# Deputy Sheriff Dewayne Crenshaw



## kwflatbed (Dec 29, 2004)

Deputy Sheriff Dewayne Crenshaw



*Tippah County Sheriff's Department
Mississippi*
End of Watch: Friday, December 3, 2010
Biographical Info
*Age:* 62
*Tour of Duty:* 7 years
*Badge Number:* T-5
Incident Details
*Cause of Death:* Gunfire
*Date of Incident:* Friday, December 3, 2010
*Weapon Used:* Gun; Unknown type
*Suspect Info:* Charged with capital murder
Deputy Sheriff Dewayne Crenshaw was shot and killed after responding to a call of a domestic dispute at a home on County Road 500.

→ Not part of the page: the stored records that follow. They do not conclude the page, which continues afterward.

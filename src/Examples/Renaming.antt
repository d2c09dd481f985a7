-- ===== src/Examples/Renaming.antt =====
-- A small kernel with a directory whose names are files and links, and the port that renames them.
use Prim.Native.String.{◌++◌ as ◌<>◌}
use text.Mathlib.Text.{◌==◌ as ◌==s◌}
use nfsplayground.Base.{
  ℕ, zero, suc, String, ◌≡◌, refl, List, [], ◌∷◌, Bool, true, false, Option, none, some, ℤ, pos,
  negsuc, codes, if◌then◌else◌, ◌==◌, nonzero,
}
use nfsplayground.Kernel.{Kernel, ptr}
use nfsplayground.Fixture.{Fixture}
use nfsplayground.Generic.G109.{dir, Modes, Ladder}
use nfsplayground.Generic.G109.Entries.{Entries, is_there}
use nfsplayground.Examples.Toy.{Toy, toy, start}

-- A path without a prefix that it begins with
abbrev strip : String → String → String
strip String.[] s = s
strip (String.◌∷◌ c p) String.[] = String.[]
strip (String.◌∷◌ c p) (String.◌∷◌ d s) = strip p s

abbrev name_of : String → String
name_of path = strip "/" (strip dir path)

abbrev lookup : List (String × Option Bool) → Entries
lookup [] q = none
lookup ((name, kind) ∷ rest) q = let found = lookup rest q in if q ==s name then kind else found

abbrev view : Toy → Entries
view s = lookup s.dirents

abbrev add : String → Option Bool → Toy → Toy
add name kind s = record s { dirents = (name, kind) ∷ s.dirents }

abbrev move : String → String → Toy → Toy
move from to s = add to (view s from) (add from none s)

abbrev errno_of : Option Bool → ℤ
errno_of none = negsuc 1
errno_of (some _) = pos 0

abbrev kind_of : Option Bool → ℕ
kind_of none = 0
kind_of (some is_link) = if is_link then 1 else 0

-- The mount's file system tells no types when it lists names.
abbrev listing : List (String × Option Bool) → List (List ℕ × ℕ)
listing [] = []
listing ((name, kind) ∷ rest) = (codes name, 0) ∷ listing rest

abbrev unary : ℕ → String
unary zero = ""
unary (suc n) = "1" <> unary n

abbrev renaming : Kernel
renaming = record toy {
  do_symlinkat = λ target path s. (pos 0, add (name_of path) (some true) s);
  do_renameat2 = λ from to flags s. (pos 0, move (name_of from) (name_of to) s);
  kern_path = λ path flags s. ((errno_of (view s (name_of path)), path), s);
  path_put = λ p s. s;
  vfs_getattr = λ p s. ((pos 0, kind_of (view s (name_of p))), s);
  filp_open =
      λ path flags mode s. (ptr 5, if mode == 0 then s else add (name_of path) (some false) s);
  filp_close = λ f s. s;
  decimal = unary;
}

abbrev modes : Modes renaming
modes = record {
  iterate_dir = λ f s. ((pos 0, listing s.dirents), s);
  is_lnk = λ st. st == 1;
  is_reg = λ st. st == 0;
}

abbrev mount_fixture : Fixture renaming
mount_fixture = record {
  machine = start;
  saved_creds = none;
  override = none;
  fixture_refs = 1;
  export_mount_opts = "";
  tmpfs_mounted = true;
  nfsdfs_mounted = true;
  nfsd_up = true;
  client_mounted = true;
  bringup_root = none;
  hostbin = "/bin";
  hostbin_mounted = false;
  prog_seq = 0;
}

abbrev ladder : Ladder renaming
ladder = record { fixture = mount_fixture; cur_files = 0 }

there_errno : (o : Option Bool) → (if nonzero (errno_of o) then false else true) ≡ is_there o
there_errno none = refl
there_errno (some b) = refl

Deputy Crenshaw and another deputy responded to a domestic dispute at approximately 4:00 am in a rural area near Ripley. When they arrived at the scene they encountered a male subject outside. As they made contact with the man Deputy Crenshaw was fatally shot.

The suspect was arrested and charged with capital murder.

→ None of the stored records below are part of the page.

-- ===== src/Settle/Space.antt =====
-- Waiting for free space: what each answer of xfs_wait_for_free_bytes rests on.
use nfsplayground.Base.{
  ℕ, zero, suc, ◌≤◌, ◌<◌, ◌≡◌, refl, ◌⊎◌, inl, inr, true, false, ℤ, pos, nonzero, ◌>>=◌, ◌>>◌, leb,
  leb→le, arith, Bool-cases, e_timedout,
}
use nfsplayground.Kernel.{Kernel, Kstatfs}
use nfsplayground.Paths.{statfs}
use nfsplayground.Settle.{mnt, free_bytes, wait_loop, wait_for_free_bytes}

module _ (K : Kernel) where
  -- One poll: the flush, and the statfs of the client mount.
  abbrev pub poll : Kstatfs → K.Machine → (ℤ × Kstatfs) × K.Machine
  poll st s = statfs K st mnt (K.flush_delayed_fput s)

  -- `k` polls in a row that succeeded and found too little, each with its sleep.
  pub data ShortPolls (bytes : ℕ) : ℕ → Kstatfs → K.Machine → Kstatfs → K.Machine → Type 0 where
    none : {st : Kstatfs} {s : K.Machine} → ShortPolls bytes 0 st s st s
    more :
        {k : ℕ} {st st' : Kstatfs} {s s' : K.Machine}
        → nonzero (poll st s).0.0 ≡ false
        → free_bytes (poll st s).0.1 < bytes
        → ShortPolls bytes k (poll st s).0.1 (K.msleep 100 (poll st s).1) st' s'
        → ShortPolls bytes (suc k) st s st' s'

  pub record Polled (tries bytes : ℕ) (st : Kstatfs) (s : K.Machine) (err : ℤ) (s' : K.Machine)
      : Type 0 where
    pub rounds : ℕ
    pub filled : Kstatfs
    pub waited : K.Machine
    pub short : ShortPolls bytes rounds st s filled waited
    pub last :
        ((rounds < tries)
          × (nonzero err ≡ true)
          × (err ≡ (poll filled waited).0.0)
          × (s' ≡ (poll filled waited).1))
        ⊎ ((rounds < tries)
            × (err ≡ pos 0)
            × (nonzero (poll filled waited).0.0 ≡ false)
            × (bytes ≤ free_bytes (poll filled waited).0.1)
            × (s' ≡ (poll filled waited).1))
        ⊎ ((rounds ≡ tries) × (err ≡ e_timedout) × (s' ≡ waited))

  Polled-more :
      {tries bytes : ℕ} {st : Kstatfs} {s : K.Machine} {err : ℤ} {s' : K.Machine}
      → nonzero (poll st s).0.0 ≡ false
      → free_bytes (poll st s).0.1 < bytes
      → Polled tries bytes (poll st s).0.1 (K.msleep 100 (poll st s).1) err s'
      → Polled (suc tries) bytes st s err s'
  Polled-more good few g = record {
    rounds = suc g.rounds;
    filled = g.filled;
    waited = g.waited;
    short = more good few g.short;
    last = elim g.last [
      | inl (less, bad, run, end) ↦ inl (omega arith, bad, run, end)
      | inr (inl (less, ok, fine, there, end)) ↦ inr (inl (omega arith, ok, fine, there, end))
      | inr (inr (all, late, still)) ↦ inr (inr (omega arith, late, still))
    ];
  }

  wait_loop-Polled :
      (tries bytes : ℕ) (st : Kstatfs) (s : K.Machine)
      → Polled tries bytes st s (wait_loop K tries bytes st s).0 (wait_loop K tries bytes st s).1
  unfolding wait_loop
  wait_loop-Polled zero bytes st s = record {
    rounds = 0;
    filled = st;
    waited = s;
    short = none;
    last = inr (inr (refl, refl, refl));
  }
  wait_loop-Polled (suc tries) bytes st s =
      let r = poll st s in
      elim (Bool-cases (nonzero r.0.0)) [
        | inl bad ↦
            rw (bad, wait_loop, ◌>>◌, ◌>>=◌)
              (record {
                rounds = 0;
                filled = st;
                waited = s;
                short = none;
                last = inl (omega arith, bad, refl, refl);
              })
        | inr good ↦
            rw (good, wait_loop, ◌>>◌, ◌>>=◌)
              (elim (Bool-cases (leb bytes (free_bytes r.0.1))) [
                | inl there ↦ rw there (record {
                  rounds = 0;
                  filled = st;
                  waited = s;
                  short = none;
                  last = inr (inl (omega arith, refl, good, leb→le _ _ there, refl));
                })
                | inr few ↦ rw few (
                    Polled-more good (ground arith)
                      (wait_loop-Polled tries bytes r.0.1 (K.msleep 100 r.1)))
              ])
      ]

  -- xfs_wait_for_free_bytes polls at most 100 times, with a flush before each poll and a sleep after
  -- each that finds too little. It returns 0 at the first poll whose available blocks times their
  -- size, modulo 2 ^ 64, reach what is wanted; the error of the first poll that fails; and
  -- -ETIMEDOUT after 100 polls that all succeeded and found too little.
  pub wait_for_free_bytes-Polled :
      (bytes : ℕ) (st : Kstatfs) (s : K.Machine)
      → Polled 100 bytes st s
          (wait_for_free_bytes K bytes st s).0
          (wait_for_free_bytes K bytes st s).1
  unfolding wait_for_free_bytes
  wait_for_free_bytes-Polled bytes st s = wait_loop-Polled 100 bytes st s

Deputy Crenshaw was a U.S. military veteran and had served as a patrol deputy for the Tippah County Sheriff's Department for seven years. He had previously served as a detention officer with the agency.

He is survived by his wife, four children, and one stepchild. One of his sons also works for the department.

Agency Contact Information
Tippah County Sheriff's Department
205 W Spring Street
Ripley, MS 38663

Phone: (662) 837-0336

_*Please contact the Tippah County Sheriff's Department for funeral arrangements or for survivor benefit fund information*_


----------



## cc3915 (Mar 26, 2004)

Rest in Peace Deputy Crenshaw.


----------



## DEI8 (Jan 20, 2006)

Rest in Peace Deputy Crenshaw


----------



## SPINMASS (Jan 30, 2004)

RIP Deputy


----------